Nick C Posted March 1, 2007 Share Posted March 1, 2007 Rachel, My mother also did not opt to do chemo. Her feeling, and this is a very personal choice, was that I could spend my days feeling beat up everyday or I can have fewer days feeling pretty good. She chose to have fewer. I understand your sadness. When mom was still deciding, I told her when she did, don't be upset at my reaction, I will cry at any choice once it was made, because any choice sucked. And I did cry, a lot. Ultimately, I am happy mom went on her terms, not happy she had to go at all though. I'm sorry you have found yourself in this position. It sucks, plain and simple. But I understand where she is coming from. Right or wrong...I get it. Quote Link to comment Share on other sites More sharing options...
ernrol Posted March 1, 2007 Share Posted March 1, 2007 Rachel, I don’t know how an ER doctor can be that knowledgeable about cancer. I would not give up trying to have her at least get a second opinion from a major cancer center. I would think that she would owe that to herself. I was told that with out treatment to go to Hospice and with treatment 16 to 18 months and if I took the chemo that I would be very sick. I took the treatment; I never got sick and ran a half marathon in my 18th month. Let her know that getting a second opinion will not hurt. Will pray for your grandmother. Stay positive, Ernie Quote Link to comment Share on other sites More sharing options...
Nick C Posted March 1, 2007 Share Posted March 1, 2007 I agree with ernie on the second opinion...I missed the ER piece of that. She should consult an oncologist, just to know you explored with no harm done. Quote Link to comment Share on other sites More sharing options...
Ry Posted March 2, 2007 Share Posted March 2, 2007 Hi Rachel- You don't say how old your Grandmother is and that may make a difference in what they are recommending for her. I wish she would go see an oncologist-- just for some accurate information and diagnosis. My MIL is in her mid 80's with large cell adenocarcinoma. She elected not to have chemo but she had her tumor radiated and two years later she is still here. There are other options for her so I hope she will go see the oncologist. Quote Link to comment Share on other sites More sharing options...

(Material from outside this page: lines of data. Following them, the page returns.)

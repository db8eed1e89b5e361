-- ===== src/Pit/Tests.antt =====
-- Two tasks of a user: the first runs, the second is ready.
use hao_sys.Base.{
  ℕ, ◌≡◌, ◌≢◌, refl, true, false, [], ◌∷◌, some, ◌==◌, arith, Bool-cases, inl, inr, has, length,
  ◌*◌,
}
use hao_sys.Pmm.Tests.{two_free}
use hao_sys.Task.{Task, task_running, task_ready}
use hao_sys.Task.Pick.{addrs, state_of}
use hao_sys.Pit.{Pit, divisor}
use hao_sys.Pit.Slice.{IsTicking, Reaches}
use hao_sys.Pit.Fair.{tick-Reaches}

abbrev first : Task
first = record {
  addr = 4096;
  esp = 8192;
  eip = 100;
  pid = 1;
  state = task_running;
  kernel_esp0 = 0;
  uid = 0;
  gid = 0;
  euid = 0;
  egid = 0;
  is_user = true;
  page_directory = 4096;
  user_virt_pages = [];
  name = [];
}

abbrev second : Task
second = record first { addr = 20480; pid = 2; state = task_ready }

abbrev pair : Pit
pair = record {
  pit_ticks = 0;
  ticks_used = λ a. 0;
  sched = record {
    tasks = second ∷ first ∷ [];
    zombies = [];
    current_task = 4096;
    idle_task = 4096;
    next_pid = 3;
    esp0 = 0;
    vmm = record { pmm = two_free; current_directory = 4096; kernel_directory = 4096 };
  };
}

other_states : (a : ℕ) → a ≢ 4096 → state_of a (second ∷ first ∷ []) ≢ some task_running
unfolding state_of
other_states a ne h = elim (Bool-cases (20480 == a)) [
  | inl e ↦ absurd (let h' = rw e at h in cc)
  | inr e ↦ let f : (4096 == a) ≡ false = ground arith in absurd (let h' = rw (e, f) at h in cc)
]

ready_states :
    (a : ℕ)
    → has a (addrs (second ∷ first ∷ [])) ≡ true
    → a ≢ 4096
    → state_of a (second ∷ first ∷ []) ≡ some task_ready
unfolding state_of
ready_states a h ne =
    let f : (a == 4096) ≡ false = ground arith in
    elim (Bool-cases (20480 == a)) [
      | inl e ↦ rw e refl
      | inr e ↦
          let g : (a == 20480) ≡ false = ground arith in absurd (let h' = rw (f, g) at h in cc)
    ]

pair-IsTicking : IsTicking pair
unfolding state_of
pair-IsTicking = record {
  rotating = record {
    order = record { distinct = (refl, (refl, tt)); runs = refl; alone = other_states };
    no_null = refl;
    ready = ready_states;
  };
  users = (refl, (refl, tt));
  slices = λ a. omega arith;
}

tick-Reaches_example : Reaches pair (3 * length (addrs pair.sched.tasks)) 20480
tick-Reaches_example = tick-Reaches pair 20480 pair-IsTicking refl

divisor-100 : divisor 100 ≡ 11931
unfolding divisor
divisor-100 = refl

ConnieH Posted April 4, 2007 Share Posted April 4, 2007 I understand completely where you are coming from. My mother was diagnosed on March 6, 2007 with cancer in her left lung, in her lymph nodes and in her adrenal gland. She was only given 3 to 6 months and we are almost 13 months later. She chose not to do anything even to the biopsy. Mom has had some pains throughout the year but she has only had the majority of her problems since Christmas and it started with difficulty breathing. I believe each person has to make their own decision about treatment b/c each person is different. In my mom's case she would probably have not made it two months with chemo. I believe my mom's attitude has gotten her this far. She has always been such a positive person and she just tries not to let things get her down or if she does it doesn't last very long. It has been very difficult letting my mom make these decisions b/c I have not been able to even get her to do any further testing to see how the cancer has progressed. Just keep talking with your grandmother b/c it does not hurt to get a second opinion on things. The only thing I can say is to just be there for your grandmother and listen to her. My prayers are with you. Connie Quote Link to comment Share on other sites More sharing options...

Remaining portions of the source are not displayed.